On this method, our ex-ex-colored man proves to be much less of a personality and extra a puppet possessed by the present’s racial unconscious. As a mouthpiece, Aaron offers voice to an anti-Blackness unparalleled and unstated by some other Black characters within the season to this point. And by the top of his story, he doesn’t embrace his Blackness on the premise of delight, development, or political schooling however fairly as a way of clarifying his relationship to want and desirability. This is the reason his ultimate gaze within the episode is a understanding one. Via Aaron’s closing look, the present anticipates an viewers who understands the implications of the worth of racial want. His gaze presumes a shared information of interracial fantasies predicated on racial efficiency.
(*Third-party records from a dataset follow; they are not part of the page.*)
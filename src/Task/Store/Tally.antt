-- ===== src/Task/Store/Tally.antt =====
-- What any calls of `TaskStore` (crates/h2ai-orchestrator/src/task_store.rs) come to for one task.
use h2ai_control_plane.Prelude.{
  ℕ, ◌+◌, ◌<◌, ◌≡◌, ◌∙◌, refl, ap, Bool, true, false, Option, none, some, List, [], ◌∷◌, arith,
  ◌==◌, u32, All, Bool-cases, inl, inr, if◌then◌else◌,
}
use h2ai_control_plane.Identity.{TaskId, UuidFormat}
use h2ai_control_plane.Task.Phase.{TaskPhase, resolved, failed, awaiting_approval}
use h2ai_control_plane.Task.State.{TaskState, InPhase, enter, enter-InPhase}
use h2ai_control_plane.Task.Store.{TaskStore, with_phase, with_completed, with_validation, get}
use h2ai_control_plane.Task.Store.Calls.{
  Call, insert_state, phase_set, completed, validated, resolve, fail, await_approval, effect,
  history, calls, get-calls,
}

-- The calls for a task, in their order.
abbrev pub own_calls : TaskId → List (TaskId × Call) → List Call
own_calls id [] = []
own_calls id ((j, c) ∷ cs) = let rest = own_calls id cs in if j == id then c ∷ rest else rest

abbrev pub is_insert : Call → Bool
is_insert (insert_state s) = true
is_insert _ = false

abbrev completions : Call → ℕ
completions completed = 1
completions _ = 0

abbrev validations : Bool → Call → ℕ
validations true (validated true) = 1
validations false (validated false) = 1
validations _ _ = 0

abbrev pub total : (Call → ℕ) → List Call → ℕ
total f [] = 0
total f (c ∷ cs) = f c + total f cs

abbrev later {ℓ} : {A : Type ℓ} → Option A → Option A → Option A
later earlier none = earlier
later earlier (some a) = some a

abbrev phase_of : Call → Option TaskPhase
phase_of (phase_set p n r) = some p
phase_of resolve = some resolved
phase_of fail = some failed
phase_of await_approval = some awaiting_approval
phase_of _ = none

abbrev sizes_of : Call → Option (ℕ × ℕ)
sizes_of (phase_set p n r) = some (n, r)
sizes_of _ = none

-- The last value that a call sets.
abbrev pub last_of {ℓ} : {A : Type ℓ} → (Call → Option A) → List Call → Option A
last_of f [] = none
last_of f (c ∷ cs) = later (f c) (last_of f cs)

abbrev pub PhaseAfter : TaskState → Option TaskPhase → TaskState → Type 0
PhaseAfter s none s' =
    (s'.phase ≡ s.phase) × ((s'.phase_name ≡ s.phase_name) × (s'.status ≡ s.status))
PhaseAfter s (some p) s' = InPhase p s'

abbrev pub SizesAfter : TaskState → Option (ℕ × ℕ) → TaskState → Type 0
SizesAfter s none s' =
    (s'.explorers_total ≡ s.explorers_total) × (s'.autonomic_retries ≡ s.autonomic_retries)
SizesAfter s (some (n, r)) s' = (s'.explorers_total ≡ n) × (s'.autonomic_retries ≡ r)

-- A state after calls for its task: what they count, modulo 2 ^ 32, and what they set last.
pub record IsTally (s : TaskState) (done valid pruned : ℕ) (phase : Option TaskPhase)
    (sizes : Option (ℕ × ℕ)) (s' : TaskState) : Type 0 where
  pub completed_eq : s'.explorers_completed ≡ u32 (s.explorers_completed + done)
  pub valid_eq : s'.proposals_valid ≡ u32 (s.proposals_valid + valid)
  pub pruned_eq : s'.proposals_pruned ≡ u32 (s.proposals_pruned + pruned)
  pub phase_after : PhaseAfter s phase s'
  pub sizes_after : SizesAfter s sizes s'
  pub task_eq : s'.task_id ≡ s.task_id
  pub tenant_eq : s'.tenant_id ≡ s.tenant_id

abbrev pub InRange : TaskState → Type 0
InRange s =
    (s.explorers_completed < 4294967296)
    × ((s.proposals_valid < 4294967296) × (s.proposals_pruned < 4294967296))

phase_trans :
    (s s1 s2 : TaskState) (p q : Option TaskPhase)
    → PhaseAfter s p s1
    → PhaseAfter s1 q s2
    → PhaseAfter s (later p q) s2
phase_trans s s1 s2 p (some q) h k = k
phase_trans s s1 s2 none none h k = (k.0 ∙ h.0, (k.1.0 ∙ h.1.0, k.1.1 ∙ h.1.1))
phase_trans s s1 s2 (some p) none h k = record {
  phase_eq = k.0 ∙ h.phase_eq;
  name_eq = k.1.0 ∙ h.name_eq;
  status_eq = k.1.1 ∙ h.status_eq;
}

sizes_trans :
    (s s1 s2 : TaskState) (p q : Option (ℕ × ℕ))
    → SizesAfter s p s1
    → SizesAfter s1 q s2
    → SizesAfter s (later p q) s2
sizes_trans s s1 s2 p (some (n, r)) h k = k
sizes_trans s s1 s2 none none h k = (k.0 ∙ h.0, k.1 ∙ h.1)
sizes_trans s s1 s2 (some (n, r)) none h k = (k.0 ∙ h.0, k.1 ∙ h.1)

IsTally-trans :
    (s s1 s2 : TaskState) (d v p d' v' p' : ℕ) (a a' : Option TaskPhase) (b b' : Option (ℕ × ℕ))
    → IsTally s d v p a b s1
    → IsTally s1 d' v' p' a' b' s2
    → IsTally s (d + d') (v + v') (p + p') (later a a') (later b b') s2
IsTally-trans s s1 s2 d v p d' v' p' a a' b b' h k = record {
  completed_eq = omega (arith, h.completed_eq, k.completed_eq);
  valid_eq = omega (arith, h.valid_eq, k.valid_eq);
  pruned_eq = omega (arith, h.pruned_eq, k.pruned_eq);
  phase_after = phase_trans s s1 s2 a a' h.phase_after k.phase_after;
  sizes_after = sizes_trans s s1 s2 b b' h.sizes_after k.sizes_after;
  task_eq = k.task_eq ∙ h.task_eq;
  tenant_eq = k.tenant_eq ∙ h.tenant_eq;
}

IsTally-refl : (s : TaskState) → InRange s → IsTally s 0 0 0 none none s
IsTally-refl s h = record {
  completed_eq = omega (arith, h.0);
  valid_eq = omega (arith, h.1.0);
  pruned_eq = omega (arith, h.1.1);
  phase_after = (refl, (refl, refl));
  sizes_after = (refl, refl);
  task_eq = refl;
  tenant_eq = refl;
}

IsTally-InRange :
    {s s' : TaskState} {d v p : ℕ} {a : Option TaskPhase} {b : Option (ℕ × ℕ)}
    → IsTally s d v p a b s'
    → InRange s'
IsTally-InRange h =
    (omega (arith, h.completed_eq), (omega (arith, h.valid_eq), omega (arith, h.pruned_eq)))

abbrev Tallied : TaskState → Call → TaskState → Type 0
Tallied s c s' =
    IsTally s (completions c) (validations true c) (validations false c) (phase_of c) (sizes_of c)
      s'

moved : (p : TaskPhase) (s : TaskState) → InRange s → IsTally s 0 0 0 (some p) none (enter p s)
unfolding enter
moved p s h = record {
  completed_eq = omega (arith, h.0);
  valid_eq = omega (arith, h.1.0);
  pruned_eq = omega (arith, h.1.1);
  phase_after = enter-InPhase p s;
  sizes_after = (refl, refl);
  task_eq = refl;
  tenant_eq = refl;
}

effect-Tallied :
    (c : Call) (s : TaskState)
    → is_insert c ≡ false
    → InRange s
    → (s' : TaskState) × ((effect c (some s) ≡ some s') × Tallied s c s')
unfolding with_phase with_completed with_validation
effect-Tallied (insert_state t) s e h = absurd cc
effect-Tallied (phase_set p n r) s e h = (
  with_phase p n r s,
  (
    refl,
    record {
      completed_eq = omega (arith, h.0);
      valid_eq = omega (arith, h.1.0);
      pruned_eq = omega (arith, h.1.1);
      phase_after = record { phase_eq = refl; name_eq = refl; status_eq = refl };
      sizes_after = (refl, refl);
      task_eq = refl;
      tenant_eq = refl;
    },
  ),
)
effect-Tallied completed s e h = (
  with_completed s,
  (
    refl,
    record {
      completed_eq = refl;
      valid_eq = omega (arith, h.1.0);
      pruned_eq = omega (arith, h.1.1);
      phase_after = (refl, (refl, refl));
      sizes_after = (refl, refl);
      task_eq = refl;
      tenant_eq = refl;
    },
  ),
)
effect-Tallied (validated true) s e h = (
  with_validation true s,
  (
    refl,
    record {
      completed_eq = omega (arith, h.0);
      valid_eq = refl;
      pruned_eq = omega (arith, h.1.1);
      phase_after = (refl, (refl, refl));
      sizes_after = (refl, refl);
      task_eq = refl;
      tenant_eq = refl;
    },
  ),
)
effect-Tallied (validated false) s e h = (
  with_validation false s,
  (
    refl,
    record {
      completed_eq = omega (arith, h.0);
      valid_eq = omega (arith, h.1.0);
      pruned_eq = refl;
      phase_after = (refl, (refl, refl));
      sizes_after = (refl, refl);
      task_eq = refl;
      tenant_eq = refl;
    },
  ),
)
effect-Tallied resolve s e h = (enter resolved s, (refl, moved resolved s h))
effect-Tallied fail s e h = (enter failed s, (refl, moved failed s h))
effect-Tallied await_approval s e h =
    (enter awaiting_approval s, (refl, moved awaiting_approval s h))

-- The tally of a list of calls.
abbrev pub TalliedAll : TaskState → List Call → TaskState → Type 0
TalliedAll s cs s' =
    IsTally s (total completions cs) (total (validations true) cs) (total (validations false) cs)
      (last_of phase_of cs) (last_of sizes_of cs) s'

history-TalliedAll :
    (id : TaskId) (cs : List (TaskId × Call)) (s : TaskState)
    → All (λ c. is_insert c ≡ false) (own_calls id cs)
    → InRange s
    → (s' : TaskState) × ((history id cs (some s) ≡ some s') × TalliedAll s (own_calls id cs) s')
history-TalliedAll id [] s a h = (s, (refl, IsTally-refl s h))
history-TalliedAll id ((j, c) ∷ cs) s a h = elim (Bool-cases (j == id)) [
  | inr other ↦ rw other (history-TalliedAll id cs s (rw other at a) h)
  | inl same ↦
      let a' : All (λ d. is_insert d ≡ false) (c ∷ own_calls id cs) = rw same at a in
      let (s1, (e1, t1)) = effect-Tallied c s a'.0 h in
      let (s2, (e2, t2)) = history-TalliedAll id cs s1 a'.1 (IsTally-InRange t1) in
      rw same (s2, (ap (history id cs) e1 ∙ e2, IsTally-trans s s1 s2 _ _ _ _ _ _ _ _ _ _ t1 t2))
]

module _ (uuid : UuidFormat) where
  -- After any calls, of which those for a task with counters below 2 ^ 32 insert no state of it, the task's counters are
  -- the old ones and the numbers of its own completions, valid and invalid proposals, modulo 2 ^ 32; its phase, name
  -- and status are those of the last phase that one of its own calls sets, and its totals of explorers and retries
  -- those that the last one of them sets, or else as before; and it belongs to the same task and tenant.
  pub calls-TalliedAll :
      (store : TaskStore) (cs : List (TaskId × Call)) (id : TaskId) (s : TaskState)
      → get uuid store id ≡ some s
      → InRange s
      → All (λ c. is_insert c ≡ false) (own_calls id cs)
      → (s' : TaskState) × ((get uuid (calls uuid store cs) id ≡ some s')
          × TalliedAll s (own_calls id cs) s')
  calls-TalliedAll store cs id s stored in_range none_inserted =
      let (s', (e, tally)) = history-TalliedAll id cs s none_inserted in_range in
      (s', (get-calls uuid store cs id ∙ ap (history id cs) stored ∙ e, tally))
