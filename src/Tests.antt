-- ===== src/Tests.antt =====
-- Concrete runs of the modelled code: tests, and the theorems at concrete inputs.
mod Samples
mod Tasks
mod Constraints
mod Merge
mod Leader
mod Subtasks
mod Proposals
mod Provisioner
mod Recovery
mod Retry
mod JudgePanel
mod Publishing
mod Tao
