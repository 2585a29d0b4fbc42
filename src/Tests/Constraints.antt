-- ===== src/Tests/Constraints.antt =====
-- Predicates on an output, and documents that conflict and refer to each other.
use h2ai_control_plane.Prelude.{
  ℕ, ◌+◌, ◌-◌, ◌*◌, ◌≡◌, ◌↔◌, refl, String, true, none, some, List, [], ◌∷◌, arith, ltb, leb,
  if◌then◌else◌,
}
use h2ai_control_plane.Floats.{Floats, IsFloats, InUnit}
use h2ai_control_plane.Retry.{contains}
use h2ai_control_plane.Provisioner.{str_ltb}
use h2ai_control_plane.Constraints.Types.{
  ConstraintPredicate, ConstraintDoc, nil, cons, vocabulary_presence, all_of, any_of, length_range,
  composite, semantic_ordering, numeric_threshold, hard, CompositeOp, NumericOp,
}
use h2ai_control_plane.Constraints.Eval.{Libraries, eval_sync}
use h2ai_control_plane.Constraints.Eval.Bounds.{eval_sync-InUnit}
use h2ai_control_plane.Constraints.Eval.Truth.{holds, Exact}
use h2ai_control_plane.Constraints.Eval.Exact.{eval_sync-one_iff}
use h2ai_control_plane.Constraints.Conflict.{build, are_conflicting}
use h2ai_control_plane.Constraints.Conflict.Theorem.{Conflict}
use h2ai_control_plane.Constraints.Clusters.{build_clusters}
use h2ai_control_plane.Constraints.Clusters.Theorem.{IsClustering, build_clusters-IsClustering}

-- Whole numbers, with a quotient that is rounded down.
abbrev pub whole : Floats ℕ
whole = record {
  zero = 0;
  one = 1;
  lt = ltb;
  le = leb;
  add = λ a b. a + b;
  sub = λ a b. a - b;
  mul = λ a b. a * b;
  div = λ a b. if ltb a b then 0 else 1;
  min = λ a b. if ltb b a then b else a;
  max = λ a b. if ltb a b then b else a;
  mul_add = λ a b c. a * b + c;
  of_nat = λ n. n;
}

pub whole-IsFloats : IsFloats whole
whole-IsFloats = record {
  zero-lt-one = refl;
  le_of_lt = λ a b h. ground arith;
  irrefl = λ a. ground arith;
  lt_or_eq = λ a b h. ground arith;
  not_above_one = λ a h k. ground arith;
  not_below_zero = λ a h k. ground arith;
  zero-le-zero = refl;
  one-le-one = refl;
  min_cases = λ a b. ground arith;
  max_cases = λ a b. ground arith;
  min_left = λ a b h. ground arith;
  min_right = λ a b h. ground arith;
  max_left = λ a b h. ground arith;
  max_right = λ a b h. ground arith;
  sub_antitone = λ a b h. ground arith;
  one-sub-zero = refl;
  one-sub-one = refl;
  quotient_low = λ m n h k. ground arith;
  quotient_high = λ m n h k. ground arith;
  quotient_self = λ n h. ground arith;
  quotient_strict = λ m n h k. ground arith;
}

abbrev libraries : Libraries ℕ ℕ
libraries = record {
  to_lowercase = λ s. s;
  is_match = λ p s. some (contains s p);
  captures = λ p s. none;
  parse = λ s. none;
  from_str = λ s. none;
  validator_for = λ j. none;
}

abbrev polite : ConstraintPredicate ℕ ℕ
polite = composite CompositeOp.and (
    cons (vocabulary_presence all_of ("please" ∷ "thanks" ∷ [])) (
      cons (composite CompositeOp.not (cons (vocabulary_presence any_of ("rude" ∷ [])) nil))
        (cons (length_range (some 5) none) nil)))

polite_holds : eval_sync whole (λ a. a) 1 libraries polite "please, and thanks" ≡ 1
unfolding eval_sync
polite_holds = refl

eval_sync-InUnit_example :
    InUnit whole (eval_sync whole (λ a. a) 1 libraries polite "please, and thanks")
eval_sync-InUnit_example =
    eval_sync-InUnit whole whole-IsFloats (λ a. a) 1 libraries polite "please, and thanks"

polite-Exact : Exact polite
unfolding Exact
polite-Exact = (omega arith, ((tt, tt), (tt, tt)))

eval_sync-one_iff_example :
    (eval_sync whole (λ a. a) 1 libraries polite "please" ≡ 1)
    ↔ (holds whole (λ a. a) 1 libraries polite "please" ≡ true)
eval_sync-one_iff_example =
    eval_sync-one_iff whole whole-IsFloats (λ a. a) 1 libraries polite "please" polite-Exact

abbrev doc : String → ConstraintPredicate ℕ ℕ → List String → ConstraintDoc ℕ ℕ
doc id predicate related_to = record {
  id = id;
  source_file = "";
  description = "";
  severity = hard 1;
  predicate = predicate;
  remediation_hint = none;
  domains = [];
  mandatory_for_tags = [];
  related_to = related_to;
  binary_checks = [];
  version = 1;
  repair_provenance = none;
  pass_criteria = none;
}

abbrev docs : List (ConstraintDoc ℕ ℕ)
docs =
    doc "small" (numeric_threshold "size" NumericOp.le 3) []
    ∷ doc "log" (semantic_ordering "check" "write" 3) ("small" ∷ "unknown" ∷ [])
    ∷ doc "big" (composite CompositeOp.and (cons (numeric_threshold "size" NumericOp.ge 5) nil)) []
    ∷ []

big_small : are_conflicting (build whole docs) "big" "small" ≡ true
unfolding are_conflicting build str_ltb
big_small = refl

two_clusters : build_clusters docs ≡ some (("small" ∷ "log" ∷ []) ∷ ("big" ∷ []) ∷ [])
unfolding build_clusters
two_clusters = refl

build_clusters-IsClustering_example :
    (clusters : List (List String)) × ((build_clusters docs ≡ some clusters)
      × IsClustering docs clusters)
build_clusters-IsClustering_example = build_clusters-IsClustering docs
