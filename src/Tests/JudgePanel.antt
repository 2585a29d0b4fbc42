-- ===== src/Tests/JudgePanel.antt =====
-- A panel of three families, and its votes with a quorum of two thirds.
use h2ai_control_plane.Prelude.{
  ℕ, ◌+◌, ◌*◌, ◌/◌, ◌<◌, ◌≤◌, ◌≡◌, refl, List, [], ◌∷◌, none, arith, leb, length, if◌then◌else◌,
}
use h2ai_control_plane.JudgePanel.{
  Adapter, AdapterKind, open_ai, anthropic, ollama, cloud_generic, generic, cross_family,
  persona_only, build, uncertain, aggregate_votes,
}
use h2ai_control_plane.JudgePanel.Panel.{Diverse, judges, build-Diverse}
use h2ai_control_plane.JudgePanel.Vote.{opposite, aggregate_votes-opposite}

abbrev primary : Adapter
primary = record { reference = 0; kind = anthropic "KEY" "m" }

abbrev second : Adapter
second = record { reference = 1; kind = anthropic "KEY" "n" }

abbrev third : Adapter
third = record { reference = 2; kind = ollama "host" "m" }

abbrev fourth : Adapter
fourth = record { reference = 3; kind = open_ai "KEY" "m" }

abbrev fifth : Adapter
fifth = record { reference = 4; kind = cloud_generic "host" "KEY" none generic }

abbrev pool : List (Adapter × AdapterKind)
pool =
    (second, second.kind) ∷ (third, third.kind) ∷ (fourth, fourth.kind) ∷ (fifth, fifth.kind) ∷ []

seated : judges (build primary pool) ≡ primary ∷ third ∷ fourth ∷ []
unfolding build
seated = refl

build-Diverse_example :
    (cross : List Adapter) × ((judges (build primary pool) ≡ primary ∷ cross)
      × (Diverse (primary ∷ cross)
          × ((length cross ≤ 2)
              × ((build primary pool).diversity_kind ≡ (
                  if leb 2 (length (judges (build primary pool)))
                  then cross_family
                  else persona_only)))))
build-Diverse_example = build-Diverse primary pool (refl, (refl, (refl, (refl, tt))))

abbrev two_thirds : ℕ → ℕ
two_thirds total = (total * 2 + 2) / 3

more_than_half : (total : ℕ) → 0 < total → total < two_thirds total * 2
more_than_half total h = omega arith

split_vote : aggregate_votes two_thirds 2 1 persona_only ≡ uncertain 2 1
unfolding aggregate_votes
split_vote = refl

aggregate_votes-opposite_example :
    aggregate_votes two_thirds 1 2 cross_family
    ≡ opposite (aggregate_votes two_thirds 2 1 cross_family)
aggregate_votes-opposite_example =
    aggregate_votes-opposite two_thirds 2 1 cross_family more_than_half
Given this episode’s concern with the connection between want and visuality, it’s becoming that it contains a outstanding cameo from the now-deceased Samuels, a person who, within the phrases of The New York Instances, “styl[ed] himself as a picture guide” and loved virality largely for movies wherein he verbally degraded the appears to be like, courting prospects, and social worth of Black girls (and to a lesser extent, Black males). Who higher than him to bridge the episode’s curiosity in race, violence, optics, and want? Definitely, the selection was deliberately made, however that intention reads as an eagerness to impress Black girls viewers particularly from whom the episode’s quippy description enthusiastically anticipates what we’ll ask ourselves, “Why do they hate black girls a lot?” (This can be a well-documented stress because the present’s creator and star Donald Glover felt compelled in a self-interview to ask himself if he was “afraid” of Black girls. He dodges his personal query). As a Black lady with a dedication to cultural criticism, I’m not inclined to take the bait on the present’s relationship with Black girls (Van has mentioned like ten phrases this complete season, lol the jokes write themselves). Nonetheless, I do see this episode as an important pattern of the present’s marrow, and the outcomes present that provocation is the most cancers within the lifeblood of the sequence.

The place this season’s appearances of Chet Hanks and Liam Neeson generated famous controversy, the present’s Samuels cameo goes a step additional, understanding nicely his polarizing popularity, in an effort to steadiness pushing the buttons of heated intraracial discourse whereas sustaining a gradual curiosity within the interracial. As a metaphor for these advanced commitments and wishes, Aaron — whose racial innovation within the face of insecurity proves to be each the Blackest and the whitest factor about him — embodies the contradiction and the chaos on the core of the present’s surrealist self-fashioning. Thus, in trying to this character’s narrative predecessors, we’re reminded that the shock-and-awe instincts that make up the cells of the present’s tumor-sized id disaster will not be unprecedented in Black artwork. In spite of everything, as Johnson’s protagonist wrote in Autobiography over a century in the past, “I do know that I’m enjoying with fireplace, and I really feel the fun which accompanies that almost all fascinating pastime; and, again of all of it, I feel I discover a form of savage and diabolical want to assemble up all of the little tragedies of my life and switch them right into a sensible joke on society.”